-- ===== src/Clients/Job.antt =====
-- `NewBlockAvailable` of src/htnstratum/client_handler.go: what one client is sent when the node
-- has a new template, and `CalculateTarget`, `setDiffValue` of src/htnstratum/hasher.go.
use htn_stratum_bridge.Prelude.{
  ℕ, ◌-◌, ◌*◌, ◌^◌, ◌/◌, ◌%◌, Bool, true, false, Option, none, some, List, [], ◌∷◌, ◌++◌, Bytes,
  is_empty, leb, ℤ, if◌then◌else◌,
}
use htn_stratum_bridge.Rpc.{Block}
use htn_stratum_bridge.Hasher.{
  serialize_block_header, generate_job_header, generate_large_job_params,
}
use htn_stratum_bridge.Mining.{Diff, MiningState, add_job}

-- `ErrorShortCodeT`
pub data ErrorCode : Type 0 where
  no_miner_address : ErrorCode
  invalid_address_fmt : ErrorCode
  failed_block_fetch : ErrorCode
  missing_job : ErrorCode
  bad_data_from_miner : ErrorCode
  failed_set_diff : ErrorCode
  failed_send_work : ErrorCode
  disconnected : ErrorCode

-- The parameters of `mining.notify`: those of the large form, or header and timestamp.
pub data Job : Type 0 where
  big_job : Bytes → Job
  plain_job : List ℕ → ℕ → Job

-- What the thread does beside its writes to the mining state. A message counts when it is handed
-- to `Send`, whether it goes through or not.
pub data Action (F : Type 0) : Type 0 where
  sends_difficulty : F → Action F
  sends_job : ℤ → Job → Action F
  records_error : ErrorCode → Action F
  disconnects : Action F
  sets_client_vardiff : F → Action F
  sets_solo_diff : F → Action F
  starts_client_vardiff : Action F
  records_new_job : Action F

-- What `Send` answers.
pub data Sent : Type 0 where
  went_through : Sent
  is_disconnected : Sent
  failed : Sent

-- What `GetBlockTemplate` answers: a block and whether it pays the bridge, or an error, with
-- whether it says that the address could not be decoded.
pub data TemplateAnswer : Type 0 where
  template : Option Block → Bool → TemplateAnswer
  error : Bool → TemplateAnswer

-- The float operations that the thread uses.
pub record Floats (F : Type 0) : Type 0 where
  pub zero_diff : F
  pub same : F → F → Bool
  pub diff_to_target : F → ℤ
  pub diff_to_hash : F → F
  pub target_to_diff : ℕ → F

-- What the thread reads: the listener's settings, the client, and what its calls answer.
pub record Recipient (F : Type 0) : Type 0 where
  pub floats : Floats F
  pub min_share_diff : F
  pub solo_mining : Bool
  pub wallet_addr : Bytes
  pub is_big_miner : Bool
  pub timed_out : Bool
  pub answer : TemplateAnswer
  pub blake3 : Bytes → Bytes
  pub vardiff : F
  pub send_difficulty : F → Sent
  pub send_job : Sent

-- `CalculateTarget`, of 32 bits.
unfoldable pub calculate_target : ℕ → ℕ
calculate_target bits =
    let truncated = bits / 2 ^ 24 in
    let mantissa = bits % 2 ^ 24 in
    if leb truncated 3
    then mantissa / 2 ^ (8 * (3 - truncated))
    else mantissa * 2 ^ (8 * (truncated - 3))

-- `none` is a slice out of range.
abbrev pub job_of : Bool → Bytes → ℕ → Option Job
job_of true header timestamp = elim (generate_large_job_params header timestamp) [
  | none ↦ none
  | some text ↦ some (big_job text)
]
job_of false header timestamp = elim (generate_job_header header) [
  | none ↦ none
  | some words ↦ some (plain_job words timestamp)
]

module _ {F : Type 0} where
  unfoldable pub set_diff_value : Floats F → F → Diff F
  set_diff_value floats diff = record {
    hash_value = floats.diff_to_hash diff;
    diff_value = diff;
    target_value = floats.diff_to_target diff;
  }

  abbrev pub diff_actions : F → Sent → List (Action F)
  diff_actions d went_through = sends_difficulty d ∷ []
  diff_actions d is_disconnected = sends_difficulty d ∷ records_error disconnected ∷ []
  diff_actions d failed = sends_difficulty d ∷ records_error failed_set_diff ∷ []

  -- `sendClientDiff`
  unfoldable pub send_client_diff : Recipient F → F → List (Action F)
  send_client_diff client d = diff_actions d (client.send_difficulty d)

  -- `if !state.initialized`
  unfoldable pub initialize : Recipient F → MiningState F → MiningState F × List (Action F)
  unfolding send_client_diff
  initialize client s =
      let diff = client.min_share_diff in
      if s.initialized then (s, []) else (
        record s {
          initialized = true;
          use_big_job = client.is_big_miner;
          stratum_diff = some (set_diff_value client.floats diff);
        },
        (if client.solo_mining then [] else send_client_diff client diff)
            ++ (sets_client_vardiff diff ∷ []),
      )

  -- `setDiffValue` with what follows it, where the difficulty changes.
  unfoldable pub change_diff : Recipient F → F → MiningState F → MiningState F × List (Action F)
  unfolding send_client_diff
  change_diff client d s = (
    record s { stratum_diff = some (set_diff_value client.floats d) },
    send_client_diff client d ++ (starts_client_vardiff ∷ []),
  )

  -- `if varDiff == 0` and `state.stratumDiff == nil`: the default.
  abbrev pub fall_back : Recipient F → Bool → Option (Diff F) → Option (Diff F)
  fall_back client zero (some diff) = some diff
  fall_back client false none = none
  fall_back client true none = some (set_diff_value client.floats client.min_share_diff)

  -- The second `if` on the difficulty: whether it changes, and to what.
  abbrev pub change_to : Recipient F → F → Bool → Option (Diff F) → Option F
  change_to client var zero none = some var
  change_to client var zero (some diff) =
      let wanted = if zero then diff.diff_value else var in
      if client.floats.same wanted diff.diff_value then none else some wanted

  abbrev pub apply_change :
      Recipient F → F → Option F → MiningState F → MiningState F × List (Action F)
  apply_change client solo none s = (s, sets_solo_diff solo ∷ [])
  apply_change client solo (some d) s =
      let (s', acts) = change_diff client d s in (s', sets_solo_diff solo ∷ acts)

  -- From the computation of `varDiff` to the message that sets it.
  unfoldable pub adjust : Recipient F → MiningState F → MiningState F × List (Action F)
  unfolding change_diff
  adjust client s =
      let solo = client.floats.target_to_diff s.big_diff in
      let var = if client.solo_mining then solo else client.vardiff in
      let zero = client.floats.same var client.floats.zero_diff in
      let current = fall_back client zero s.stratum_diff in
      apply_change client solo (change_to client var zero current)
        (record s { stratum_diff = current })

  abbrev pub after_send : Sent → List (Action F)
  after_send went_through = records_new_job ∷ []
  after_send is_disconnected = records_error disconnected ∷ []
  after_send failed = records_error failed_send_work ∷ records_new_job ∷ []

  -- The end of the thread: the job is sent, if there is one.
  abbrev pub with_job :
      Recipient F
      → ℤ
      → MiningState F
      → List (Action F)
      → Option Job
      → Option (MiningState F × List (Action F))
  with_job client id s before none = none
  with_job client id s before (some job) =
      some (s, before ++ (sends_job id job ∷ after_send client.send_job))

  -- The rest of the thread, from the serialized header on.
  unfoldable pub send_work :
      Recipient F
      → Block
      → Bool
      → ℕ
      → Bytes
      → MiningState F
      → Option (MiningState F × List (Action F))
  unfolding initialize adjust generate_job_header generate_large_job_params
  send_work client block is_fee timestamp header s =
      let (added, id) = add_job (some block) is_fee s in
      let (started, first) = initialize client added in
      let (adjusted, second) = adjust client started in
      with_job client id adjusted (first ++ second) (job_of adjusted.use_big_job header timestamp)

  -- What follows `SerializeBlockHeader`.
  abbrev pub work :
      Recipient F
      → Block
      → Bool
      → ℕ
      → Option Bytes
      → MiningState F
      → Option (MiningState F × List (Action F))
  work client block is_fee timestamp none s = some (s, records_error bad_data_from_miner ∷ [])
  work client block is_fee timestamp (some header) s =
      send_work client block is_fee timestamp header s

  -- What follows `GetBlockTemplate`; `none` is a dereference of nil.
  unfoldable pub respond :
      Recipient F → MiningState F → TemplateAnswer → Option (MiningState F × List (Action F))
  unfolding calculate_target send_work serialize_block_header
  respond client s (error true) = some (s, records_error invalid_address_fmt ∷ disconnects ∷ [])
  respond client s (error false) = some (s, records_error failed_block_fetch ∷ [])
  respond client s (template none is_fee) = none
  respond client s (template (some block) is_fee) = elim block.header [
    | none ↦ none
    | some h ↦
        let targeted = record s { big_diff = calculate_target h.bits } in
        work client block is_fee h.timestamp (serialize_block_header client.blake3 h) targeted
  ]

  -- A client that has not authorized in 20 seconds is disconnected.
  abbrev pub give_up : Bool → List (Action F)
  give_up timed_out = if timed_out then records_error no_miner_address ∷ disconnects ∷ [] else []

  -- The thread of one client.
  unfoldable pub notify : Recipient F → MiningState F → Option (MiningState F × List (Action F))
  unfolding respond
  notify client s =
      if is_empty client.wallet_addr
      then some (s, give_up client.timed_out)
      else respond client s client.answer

---

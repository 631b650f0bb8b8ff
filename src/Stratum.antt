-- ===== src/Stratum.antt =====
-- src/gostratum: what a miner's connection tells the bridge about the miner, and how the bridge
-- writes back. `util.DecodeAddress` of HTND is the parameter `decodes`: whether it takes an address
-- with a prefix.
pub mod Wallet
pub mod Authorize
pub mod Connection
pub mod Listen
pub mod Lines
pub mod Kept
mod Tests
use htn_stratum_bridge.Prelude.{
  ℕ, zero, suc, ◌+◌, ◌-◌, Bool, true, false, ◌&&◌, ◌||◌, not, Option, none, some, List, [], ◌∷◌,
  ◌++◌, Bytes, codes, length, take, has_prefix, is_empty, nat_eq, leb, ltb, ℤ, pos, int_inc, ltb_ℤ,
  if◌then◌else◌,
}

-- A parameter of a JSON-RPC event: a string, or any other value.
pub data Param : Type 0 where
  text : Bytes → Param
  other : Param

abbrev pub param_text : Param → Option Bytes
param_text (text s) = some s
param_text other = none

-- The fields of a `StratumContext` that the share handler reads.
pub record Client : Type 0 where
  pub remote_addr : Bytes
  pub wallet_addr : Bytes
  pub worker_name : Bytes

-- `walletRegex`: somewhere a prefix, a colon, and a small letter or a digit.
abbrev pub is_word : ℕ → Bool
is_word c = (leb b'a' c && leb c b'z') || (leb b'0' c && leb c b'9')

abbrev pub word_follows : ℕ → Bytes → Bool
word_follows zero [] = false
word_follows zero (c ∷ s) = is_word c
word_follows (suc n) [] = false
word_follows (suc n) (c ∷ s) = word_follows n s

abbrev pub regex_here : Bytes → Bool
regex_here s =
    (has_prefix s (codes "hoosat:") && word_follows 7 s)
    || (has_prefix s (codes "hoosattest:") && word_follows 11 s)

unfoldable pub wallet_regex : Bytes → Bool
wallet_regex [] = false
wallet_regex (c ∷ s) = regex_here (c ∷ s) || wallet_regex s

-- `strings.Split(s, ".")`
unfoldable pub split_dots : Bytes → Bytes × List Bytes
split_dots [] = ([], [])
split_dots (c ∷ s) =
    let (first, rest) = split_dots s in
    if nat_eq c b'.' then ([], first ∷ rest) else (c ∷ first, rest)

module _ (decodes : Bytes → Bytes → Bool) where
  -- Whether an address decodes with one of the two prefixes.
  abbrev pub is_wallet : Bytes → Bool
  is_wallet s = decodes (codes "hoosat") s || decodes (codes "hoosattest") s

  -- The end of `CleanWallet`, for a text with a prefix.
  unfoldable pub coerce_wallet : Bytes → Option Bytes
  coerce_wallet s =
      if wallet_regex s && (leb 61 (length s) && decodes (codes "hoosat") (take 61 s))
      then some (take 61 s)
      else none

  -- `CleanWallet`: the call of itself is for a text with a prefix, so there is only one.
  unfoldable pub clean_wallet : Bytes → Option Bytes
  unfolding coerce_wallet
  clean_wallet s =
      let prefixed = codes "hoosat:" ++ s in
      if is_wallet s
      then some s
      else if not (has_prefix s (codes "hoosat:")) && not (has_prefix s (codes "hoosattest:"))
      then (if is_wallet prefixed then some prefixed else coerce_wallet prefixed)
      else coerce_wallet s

...

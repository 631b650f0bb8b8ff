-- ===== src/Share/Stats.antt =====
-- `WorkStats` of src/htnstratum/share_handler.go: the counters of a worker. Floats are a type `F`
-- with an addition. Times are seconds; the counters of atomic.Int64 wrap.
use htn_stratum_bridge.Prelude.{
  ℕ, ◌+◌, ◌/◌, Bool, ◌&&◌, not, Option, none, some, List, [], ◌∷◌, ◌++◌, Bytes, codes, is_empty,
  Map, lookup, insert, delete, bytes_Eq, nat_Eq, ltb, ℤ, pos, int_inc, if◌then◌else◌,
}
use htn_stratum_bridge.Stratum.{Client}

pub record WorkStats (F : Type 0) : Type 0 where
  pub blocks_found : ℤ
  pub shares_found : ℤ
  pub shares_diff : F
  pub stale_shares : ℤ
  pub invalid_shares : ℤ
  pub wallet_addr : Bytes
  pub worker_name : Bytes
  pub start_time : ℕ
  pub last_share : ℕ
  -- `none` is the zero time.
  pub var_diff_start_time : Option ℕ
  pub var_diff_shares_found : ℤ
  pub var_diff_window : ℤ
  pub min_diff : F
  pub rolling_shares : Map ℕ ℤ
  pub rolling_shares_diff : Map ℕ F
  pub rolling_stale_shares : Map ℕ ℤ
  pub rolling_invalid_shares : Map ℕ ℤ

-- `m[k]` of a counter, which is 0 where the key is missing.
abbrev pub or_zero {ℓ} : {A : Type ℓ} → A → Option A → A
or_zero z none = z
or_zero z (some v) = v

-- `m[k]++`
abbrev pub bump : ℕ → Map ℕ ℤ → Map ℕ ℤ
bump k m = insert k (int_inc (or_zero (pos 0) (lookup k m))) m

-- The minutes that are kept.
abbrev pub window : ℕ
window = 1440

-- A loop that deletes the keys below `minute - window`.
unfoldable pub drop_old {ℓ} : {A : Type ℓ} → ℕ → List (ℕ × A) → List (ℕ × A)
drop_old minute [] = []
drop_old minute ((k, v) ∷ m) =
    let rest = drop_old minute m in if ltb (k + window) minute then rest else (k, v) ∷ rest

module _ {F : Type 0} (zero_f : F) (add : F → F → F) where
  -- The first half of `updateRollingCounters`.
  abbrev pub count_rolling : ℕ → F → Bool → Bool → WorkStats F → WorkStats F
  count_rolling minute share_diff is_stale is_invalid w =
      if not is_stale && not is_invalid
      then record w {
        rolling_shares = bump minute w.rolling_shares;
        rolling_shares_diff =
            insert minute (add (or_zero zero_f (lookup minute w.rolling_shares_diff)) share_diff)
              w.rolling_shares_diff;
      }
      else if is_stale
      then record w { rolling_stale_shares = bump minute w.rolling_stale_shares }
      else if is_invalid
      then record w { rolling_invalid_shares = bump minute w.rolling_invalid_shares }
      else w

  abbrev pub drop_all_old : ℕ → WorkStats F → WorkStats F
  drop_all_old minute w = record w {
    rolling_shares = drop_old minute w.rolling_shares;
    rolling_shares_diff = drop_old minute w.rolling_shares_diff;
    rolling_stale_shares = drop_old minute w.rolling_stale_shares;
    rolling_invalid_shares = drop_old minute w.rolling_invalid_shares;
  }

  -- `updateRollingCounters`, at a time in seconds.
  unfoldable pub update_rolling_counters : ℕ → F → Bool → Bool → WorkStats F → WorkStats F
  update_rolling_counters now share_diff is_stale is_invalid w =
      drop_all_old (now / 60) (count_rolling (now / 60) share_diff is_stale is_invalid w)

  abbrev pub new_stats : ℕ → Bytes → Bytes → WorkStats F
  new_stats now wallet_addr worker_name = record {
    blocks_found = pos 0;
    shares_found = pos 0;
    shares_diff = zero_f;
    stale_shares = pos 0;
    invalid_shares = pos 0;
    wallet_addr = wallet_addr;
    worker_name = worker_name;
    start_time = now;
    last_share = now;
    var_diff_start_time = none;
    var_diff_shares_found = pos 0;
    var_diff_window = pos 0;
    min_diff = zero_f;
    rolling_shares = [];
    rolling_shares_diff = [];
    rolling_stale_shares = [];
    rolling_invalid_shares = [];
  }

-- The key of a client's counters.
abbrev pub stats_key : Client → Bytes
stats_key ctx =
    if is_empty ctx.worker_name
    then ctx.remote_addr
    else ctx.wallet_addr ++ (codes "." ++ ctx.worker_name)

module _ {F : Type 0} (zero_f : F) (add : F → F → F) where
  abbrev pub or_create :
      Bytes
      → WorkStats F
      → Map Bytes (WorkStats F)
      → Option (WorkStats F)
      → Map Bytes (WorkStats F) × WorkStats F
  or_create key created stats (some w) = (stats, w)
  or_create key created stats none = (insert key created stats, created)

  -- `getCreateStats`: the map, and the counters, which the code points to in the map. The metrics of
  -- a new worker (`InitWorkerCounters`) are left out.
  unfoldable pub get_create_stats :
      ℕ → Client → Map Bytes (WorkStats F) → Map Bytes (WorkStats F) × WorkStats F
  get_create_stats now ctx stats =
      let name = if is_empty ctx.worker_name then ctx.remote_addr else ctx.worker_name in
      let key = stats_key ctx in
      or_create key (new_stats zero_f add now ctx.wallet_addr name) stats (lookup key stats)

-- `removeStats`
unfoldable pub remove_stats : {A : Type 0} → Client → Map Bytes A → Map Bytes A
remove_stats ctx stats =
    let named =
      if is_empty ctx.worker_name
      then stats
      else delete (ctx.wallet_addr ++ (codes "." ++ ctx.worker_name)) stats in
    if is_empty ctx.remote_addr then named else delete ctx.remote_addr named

◆ THE PROBLEM: When you reach the line holding "-- with a prefix." in the records above, begin reproducing exactly, stop after the line holding "abbrev pub word_follows : ℕ → Bytes → Bool", and output nothing else.

◆ ANSWER BELOW:
-- with a prefix.
pub mod Wallet
pub mod Authorize
pub mod Connection
pub mod Listen
pub mod Lines
pub mod Kept
mod Tests
use htn_stratum_bridge.Prelude.{
  ℕ, zero, suc, ◌+◌, ◌-◌, Bool, true, false, ◌&&◌, ◌||◌, not, Option, none, some, List, [], ◌∷◌,
  ◌++◌, Bytes, codes, length, take, has_prefix, is_empty, nat_eq, leb, ltb, ℤ, pos, int_inc, ltb_ℤ,
  if◌then◌else◌,
}

-- A parameter of a JSON-RPC event: a string, or any other value.
pub data Param : Type 0 where
  text : Bytes → Param
  other : Param

abbrev pub param_text : Param → Option Bytes
param_text (text s) = some s
param_text other = none

-- The fields of a `StratumContext` that the share handler reads.
pub record Client : Type 0 where
  pub remote_addr : Bytes
  pub wallet_addr : Bytes
  pub worker_name : Bytes

-- `walletRegex`: somewhere a prefix, a colon, and a small letter or a digit.
abbrev pub is_word : ℕ → Bool
is_word c = (leb b'a' c && leb c b'z') || (leb b'0' c && leb c b'9')

abbrev pub word_follows : ℕ → Bytes → Bool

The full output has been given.